BEGIN

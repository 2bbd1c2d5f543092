-- ===== src/Io.antt =====
-- The connection as the code sees it: Go's io.Reader with io.ReadFull, and io.Writer.
use reflex.Prelude.{
  ℕ, ◌-◌, ◌≤◌, ◌≡◌, ap, ◌∙◌, [], ◌∷◌, ◌++◌, length, take, drop, leb, if◌then◌else◌, arith,
  take-length, drop-length, le→leb, length-append, take-append-drop, length-take,
}
use reflex.Prelude.Bytes.{Bytes}
use reflex.Prelude.Result.{Result, ok, err}

-- `io.EOF`, `io.ErrUnexpectedEOF`, and any other failure of the connection.
pub data IoError : Type 0 where
  eof unexpected_eof broken : IoError

-- The bytes that will arrive, and the error that follows them.
pub record Reader : Type 0 where
  pub pending : Bytes
  pub ends : IoError

short_read : Bytes → IoError → IoError
short_read [] e = e
short_read (b ∷ bs) eof = unexpected_eof
short_read (b ∷ bs) unexpected_eof = unexpected_eof
short_read (b ∷ bs) broken = broken

-- `io.ReadFull(r, make([]byte, n))`. A short read takes what there was.
unfoldable pub read_full : ℕ → Reader → Reader × Result IoError Bytes
unfolding short_read
read_full n r =
    if leb n (length r.pending)
    then (record r { pending = drop n r.pending }, ok (take n r.pending))
    else (record r { pending = [] }, err (short_read r.pending r.ends))

-- What the peer has been sent, and how many bytes the connection still takes before it fails.
pub record Writer : Type 0 where
  pub sent : Bytes
  pub room : ℕ

-- `w.Write(p)`. A write that fails may have sent a part.
unfoldable pub write : Writer → Bytes → Writer × Result IoError (Unit {0})
write w p =
    if leb (length p) w.room
    then (record { sent = w.sent ++ p; room = w.room - length p }, ok tt)
    else (record { sent = w.sent ++ take w.room p; room = 0 }, err broken)

pub read_full_lem :
    (n : ℕ) (xs ys : Bytes) (e : IoError)
    → n ≡ length xs
    → read_full n (record { pending = xs ++ ys; ends = e })
      ≡ (record { pending = ys; ends = e }, ok xs)
unfolding read_full
read_full_lem n xs ys e h = rw (
  le→leb n (length (xs ++ ys)) (omega (arith, length-append xs ys)),
  take-length xs ys n h,
  drop-length xs ys n h,
)

pub read_full_at :
    (n : ℕ) (xs ys : Bytes) (r : Reader)
    → r.pending ≡ xs ++ ys
    → n ≡ length xs
    → read_full n r ≡ (record r { pending = ys }, ok xs)
read_full_at n xs ys r e h =
    ap (λ (p : Bytes). read_full n (record { pending = p; ends = r.ends })) e
    ∙ read_full_lem n xs ys r.ends h

-- What a full read took stood in front of what is left.
pub read_full-ok :
    (n : ℕ) (r r' : Reader) (xs : Bytes)
    → read_full n r ≡ (r', ok xs)
    → (r.pending ≡ xs ++ r'.pending) × (length xs ≡ n)
unfolding read_full
read_full-ok n r r' xs e = ground (arith, take-append-drop n r.pending, length-take n r.pending)

pub write_lem :
    (w : Writer) (p : Bytes)
    → length p ≤ w.room
    → write w p ≡ (record { sent = w.sent ++ p; room = w.room - length p }, ok tt)
unfolding write
write_lem w p h = rw (le→leb (length p) w.room h)

-- The errors that the inbound handler returns.
pub data Error : Type 0 where
  io : IoError → Error
  bad_key_length invalid_frame_length replay_detected open_failed frame_too_large : Error
  invalid_target_size invalid_delay invalid_padding_payload invalid_timing_payload : Error
  data_frame_too_short missing_destination unknown_frame_type : Error
  dispatch_failed upstream_failed : Error
  policy_too_large handshake_too_short handshake_malformed : Error
  timestamp_out_of_range user_not_found key_generation_failed session_key_failed grant_failed :
      Error
  fallback_not_configured dial_failed tcp_only : Error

END

PROMPT ::
Transcribe every line of the records exactly, please.

RESPONSE ::
repository 2bbd1c2d5f543092
-- ===== src/Io.antt =====
-- The connection as the code sees it: Go's io.Reader with io.ReadFull, and io.Writer.
use reflex.Prelude.{
  ℕ, ◌-◌, ◌≤◌, ◌≡◌, ap, ◌∙◌, [], ◌∷◌, ◌++◌, length, take, drop, leb, if◌then◌else◌, arith,
  take-length, drop-length, le→leb, length-append, take-append-drop, length-take,
}
use reflex.Prelude.Bytes.{Bytes}
use reflex.Prelude.Result.{Result, ok, err}

-- `io.EOF`, `io.ErrUnexpectedEOF`, and any other failure of the connection.
pub data IoError : Type 0 where
  eof unexpected_eof broken : IoError

-- The bytes that will arrive, and the error that follows them.
pub record Reader : Type 0 where
  pub pending : Bytes
  pub ends : IoError

short_read : Bytes → IoError → IoError
short_read [] e = e
short_read (b ∷ bs) eof = unexpected_eof
short_read (b ∷ bs) unexpected_eof = unexpected_eof
short_read (b ∷ bs) broken = broken

-- `io.ReadFull(r, make([]byte, n))`. A short read takes what there was.
unfoldable pub read_full : ℕ → Reader → Reader × Result IoError Bytes
unfolding short_read
read_full n r =
    if leb n (length r.pending)
    then (record r { pending = drop n r.pending }, ok (take n r.pending))
    else (record r { pending = [] }, err (short_read r.pending r.ends))

-- What the peer has been sent, and how many bytes the connection still takes before it fails.
pub record Writer : Type 0 where
  pub sent : Bytes
  pub room : ℕ

-- `w.Write(p)`. A write that fails may have sent a part.
unfoldable pub write : Writer → Bytes → Writer × Result IoError (Unit {0})
write w p =
    if leb (length p) w.room
    then (record { sent = w.sent ++ p; room = w.room - length p }, ok tt)
    else (record { sent = w.sent ++ take w.room p; room = 0 }, err broken)

pub read_full_lem :
    (n : ℕ) (xs ys : Bytes) (e : IoError)
    → n ≡ length xs
    → read_full n (record { pending = xs ++ ys; ends = e })
      ≡ (record { pending = ys; ends = e }, ok xs)
unfolding read_full
read_full_lem n xs ys e h = rw (
  le→leb n (length (xs ++ ys)) (omega (arith, length-append xs ys)),
  take-length xs ys n h,
  drop-length xs ys n h,
)

pub read_full_at :
    (n : ℕ) (xs ys : Bytes) (r : Reader)
    → r.pending ≡ xs ++ ys
    → n ≡ length xs
    → read_full n r ≡ (record r { pending = ys }, ok xs)
read_full_at n xs ys r e h =
    ap (λ (p : Bytes). read_full n (record { pending = p; ends = r.ends })) e
    ∙ read_full_lem n xs ys r.ends h

-- What a full read took stood in front of what is left.
pub read_full-ok :
    (n : ℕ) (r r' : Reader) (xs : Bytes)
    → read_full n r ≡ (r', ok xs)
    → (r.pending ≡ xs ++ r'.pending) × (length xs ≡ n)
unfolding read_full
read_full-ok n r r' xs e = ground (arith, take-append-drop n r.pending, length-take n r.pending)

pub write_lem :
    (w : Writer) (p : Bytes)
    → length p ≤ w.room
    → write w p ≡ (record { sent = w.sent ++ p; room = w.room - length p }, ok tt)
unfolding write
write_lem w p h = rw (le→leb (length p) w.room h)

-- The errors that the inbound handler returns.
pub data Error : Type 0 where
  io : IoError → Error
  bad_key_length invalid_frame_length replay_detected open_failed frame_too_large : Error
  invalid_target_size invalid_delay invalid_padding_payload invalid_timing_payload : Error
  data_frame_too_short missing_destination unknown_frame_type : Error
  dispatch_failed upstream_failed : Error
  policy_too_large handshake_too_short handshake_malformed : Error
  timestamp_out_of_range user_not_found key_generation_failed session_key_failed grant_failed :
      Error
  fallback_not_configured dial_failed tcp_only : Error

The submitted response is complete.